Gratitude did not come naturally to me. I experienced periods of unhappiness in my life, and often did not feel that anything that came to me was a particular gift that I should feel grateful for. And even if I did feel glad about some circumstance in my life, who was I supposed to feel grateful towards? Gratitude was usually presented to me in terms of a guilt trip—that I should feel grateful either because there were others who had less than me, or alternatively that I should feel grateful obsequiously to the person who was claiming that they gave me something.
Having since experienced true gratitude, I can now see that guilt and shame are not the most helpful supports for gratitude. Those who give with a jealous heart, expecting to be showered with praise in return, distort their gift and cannot expect an unsullied gratitude in return. Similarly, shame isn’t a helpful support for gratitude. It is true that seeing those who have less can be a powerful spur for feeling gratitude in your own life; however, this recognition has to come about organically, not through having that fact forced upon you. For those who have had their experiences of gratitude tainted by guilt and shame, the best path forward is to let gratitude come easily and naturally where it shows up in life.
Our experiences with gratitude on the human level are helpful for understanding true spiritual gratitude. In reality, it is God who has given us everything, and therefore he is the one we should ultimately feel grateful towards; but the human experience of gratitude is the starting point for understanding this. When another person gives you a gift you love, it is easy to feel appreciative of the gift and their thought and effort that went into obtaining it. It is possible to feel towards everything in our lives—the good things and even the bad things.
It may not feel easy to feel grateful at times. When it’s not actively difficult, it may seem like there is no particular reason to be grateful for anything—after all, the world is as it is with or without our gratitude. But again, the human example serves us well. Someone who does not feel gratitude for a gift they received is seen to be ungrateful, or entitled; these are not positive qualities. We don’t want to be marked with these qualities ourselves. So it is with the spiritual gifts we’ve been given; it is not good for us not to be grateful; if we are not grateful, we risk a display of spiritual ingratitude.

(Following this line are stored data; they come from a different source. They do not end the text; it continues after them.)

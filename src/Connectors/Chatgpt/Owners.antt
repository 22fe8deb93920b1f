-- ===== src/Connectors/Chatgpt/Owners.antt =====
-- Where an owner's export is found.
use memapp.Prelude.{
  String, ◌≡◌, refl, sym, ap, ◌∙◌, ◌⊎◌, inl, inr, Bool, true, Option, none, some, List, [], ◌∷◌,
  ◌++◌, Bool-cases, first, last?, All, keep-All,
}
use mathlib.Core.List.{append_assoc}
use memapp.Prelude.Dict.{some-inj}
use memapp.Prelude.Order.{sort_by, sort_by-All, text_le}
use memapp.Prelude.Texts.{◌<>◌}
use memapp.Prelude.Result.{ok, value_error, ok-inj, if_returned}
use memapp.Connectors.Chatgpt.Exports.{
  FilePath, Files, safe_owner, candidate_files, ends_with, zips_in, last_zip, in_directory,
  or_in_directory, located, resolve_export_path,
}
use memapp.Connectors.Chatgpt.Located.{
  NoSlash, Clean, goes_down, safe_owner-NoSlash, safe_owner-starts_alnum, append-NoSlash,
  append-starts_alnum, join_path-Clean, Clean-goes_down, ends_with-goes_down,
}

-- The components that the owner's id gives
abbrev pub IsOwn : String → List String → Type 0
IsOwn owner_id rest =
    ((file : String) × (rest ≡ owner_id ∷ file ∷ []))
    ⊎ ((rest ≡ (owner_id <> ".json") ∷ []) ⊎ (rest ≡ (owner_id <> ".zip") ∷ []))

-- The path lies below the directory, and is the owner's.
pub record IsBelow (dir : FilePath) (owner_id : String) (path : FilePath) : Type 0 where
  pub absolute : path.absolute ≡ dir.absolute
  pub rest : List String
  pub parts : path.parts ≡ dir.parts ++ rest
  pub downwards : All (λ s. goes_down s ≡ true) rest
  pub own : IsOwn owner_id rest

first-All {ℓ κ} :
    {A : Type ℓ} (P : A → Type κ) (p : A → Bool) (xs : List A) {x : A}
    → All P xs
    → first p xs ≡ some x
    → P x
first-All P p [] h e = absurd cc
first-All P p (y ∷ ys) h e = elim (Bool-cases (p y)) [
  | inl t ↦ rw (some-inj (sym (rw t at e))) h.0
  | inr f ↦ first-All P p ys h.1 (rw f at e)
]

last?-All {ℓ κ} :
    {A : Type ℓ} (P : A → Type κ) (xs : List A) {x : A} → All P xs → last? xs ≡ some x → P x
last?-All P [] h e = absurd cc
last?-All P (y ∷ []) h e = rw (some-inj (sym e)) h.0
last?-All P (y ∷ z ∷ zs) h e = last?-All P (z ∷ zs) h.1 e

module _ (dir : FilePath) (owner_id : String) (clean : Clean owner_id) where
  two-IsBelow :
      (file : String)
      → goes_down file ≡ true
      → IsBelow dir owner_id
          (record { absolute = dir.absolute; parts = (dir.parts ++ owner_id ∷ []) ++ file ∷ [] })
  two-IsBelow file down = record {
    absolute = refl;
    rest = owner_id ∷ file ∷ [];
    parts = append_assoc dir.parts (owner_id ∷ []) (file ∷ []);
    downwards = (Clean-goes_down owner_id clean, (down, tt));
    own = inl (file, refl);
  }

  suffixed : (suffix : String) → NoSlash suffix → Clean (owner_id <> suffix)
  suffixed suffix one =
      (append-NoSlash owner_id suffix clean.0 one, append-starts_alnum owner_id suffix clean.1)

  one-IsBelow :
      (suffix : String)
      → Clean (owner_id <> suffix)
      → ((rest : List String) → rest ≡ (owner_id <> suffix) ∷ [] → IsOwn owner_id rest)
      → IsBelow dir owner_id
          (record { absolute = dir.absolute; parts = dir.parts ++ (owner_id <> suffix) ∷ [] })
  one-IsBelow suffix clean_file own = record {
    absolute = refl;
    rest = (owner_id <> suffix) ∷ [];
    parts = refl;
    downwards = (Clean-goes_down (owner_id <> suffix) clean_file, tt);
    own = own ((owner_id <> suffix) ∷ []) refl;
  }

  candidate_files-IsBelow : All (IsBelow dir owner_id) (candidate_files dir owner_id)
  unfolding candidate_files
  candidate_files-IsBelow =
      let json = suffixed ".json" (refl, (refl, (refl, (refl, (refl, tt))))) in
      let zip = suffixed ".zip" (refl, (refl, (refl, (refl, tt)))) in
      rw
        (
          join_path-Clean dir owner_id clean,
          join_path-Clean dir (owner_id <> ".json") json,
          join_path-Clean dir (owner_id <> ".zip") zip,
        )
        (
          two-IsBelow "conversations.json" refl,
          (
            one-IsBelow ".json" json (λ rest e. inr (inl e)),
            (one-IsBelow ".zip" zip (λ rest e. inr (inr e)), tt),
          ),
        )

  module _ (files : Files) where
    zip-IsBelow :
        (o : Option String) (path : FilePath)
        → ((file : String) → o ≡ some file → goes_down file ≡ true)
        → last_zip files (record { absolute = dir.absolute; parts = dir.parts ++ owner_id ∷ [] }) o
          ≡ ok path
        → IsBelow dir owner_id path
    zip-IsBelow none path down h = absurd cc
    zip-IsBelow (some file) path down h = rw (sym (ok-inj h)) (two-IsBelow file (down file refl))

    zips_in-goes_down :
        (path : FilePath) (file : String)
        → last? (sort_by text_le (zips_in files path)) ≡ some file
        → goes_down file ≡ true
    zips_in-goes_down path file h =
        let zips =
          keep-All (λ s. goes_down s ≡ true) (ends_with ".zip") (files.names_in path)
            ends_with-goes_down in
        last?-All (λ s. goes_down s ≡ true) (sort_by text_le (zips_in files path))
          (sort_by-All text_le (λ s. goes_down s ≡ true) (zips_in files path) zips) h

    in_directory-IsBelow :
        (path : FilePath)
        → in_directory files
            (record { absolute = dir.absolute; parts = dir.parts ++ owner_id ∷ [] })
          ≡ ok path
        → IsBelow dir owner_id path
    in_directory-IsBelow path h =
        let here : FilePath = record {
          absolute = dir.absolute;
          parts = dir.parts ++ owner_id ∷ [];
        } in
        elim (Bool-cases (files.is_dir here)) [
          | inl e ↦
              zip-IsBelow (last? (sort_by text_le (zips_in files here))) path
                (λ file found. zips_in-goes_down here file found) (rw e at h)
          | inr e ↦ absurd (let never = rw e at h in cc)
        ]

    or_in_directory-IsBelow :
        (found : Option FilePath) (path : FilePath)
        → ((file : FilePath) → found ≡ some file → IsBelow dir owner_id file)
        → or_in_directory files found
            (record { absolute = dir.absolute; parts = dir.parts ++ owner_id ∷ [] })
          ≡ ok path
        → IsBelow dir owner_id path
    or_in_directory-IsBelow none path below h = in_directory-IsBelow path h
    or_in_directory-IsBelow (some file) path below h = rw (sym (ok-inj h)) (below file refl)

-- If an export is located, then it lies below the export directory: its path continues the directory's
-- by components that are neither empty nor dots, the first of them the owner's id, or the id with the
-- ending `.json` or `.zip`.
pub resolve_export_path-IsBelow :
    (files : Files) (dir : FilePath) (owner_id : String) (path : FilePath)
    → resolve_export_path files (some dir) owner_id ≡ ok path
    → IsBelow dir owner_id path
unfolding resolve_export_path
resolve_export_path-IsBelow files dir owner_id path h =
    let (safe, rest) =
      if_returned (safe_owner owner_id) (located files (some dir) owner_id) value_error h in
    let clean : Clean owner_id =
      (safe_owner-NoSlash owner_id safe, safe_owner-starts_alnum owner_id safe) in
    or_in_directory-IsBelow dir owner_id clean files
      (first files.is_file (candidate_files dir owner_id)) path
      (λ file found.
        first-All (IsBelow dir owner_id) files.is_file (candidate_files dir owner_id)
          (candidate_files-IsBelow dir owner_id clean) found)
      (sym (
          ap (or_in_directory files (first files.is_file (candidate_files dir owner_id)))
            (join_path-Clean dir owner_id clean))
        ∙ rest)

We are thus warned off the possibility of ingratitude, even as we have been advised not to be shamed into gratitude. So how are we to start, knowing that gratitude is good but not when it is shamed or forced? The easiest place to start is with what you genuinely feel gratitude for. You can start with the most positive things in your life. There is no point trying to feel grateful for those things which genuinely feel like burdens; it would be perverse to try to do that. But the secret is that once you can feel grateful for the things you naturally feel grateful for, you begin to see why you could feel grateful for those things which were more difficult—the painful experiences, the uninteresting experiences, the challenging experiences. For everything in life offers its wisdom to the one who seeks to know it.
The vibration of gratitude changes us. There are those who will advise you to be grateful because it increases your ability to receive things. This is true at a certain level, as vibrations perpetuate themselves—if you are appreciative of the things in your life, then more will come that there is to appreciate. But that is not the real reason to be grateful from the point of view of the spiritual life. For the spiritual seeker, gratitude is good because it brings us closer to God. God is the ultimate source of all that we feel grateful for. When we are grateful to Him we draw nearer to him, as the giver, the gift, and the recipient are seen and appreciated for what they are. In the human case, when we are ungrateful, the giver of the gift sees that we don’t appreciate the gift, which brings a distance between the giver and the recipient. Ingratitude is therefore a distance from God; and gratitude is seen to be a form of devotion.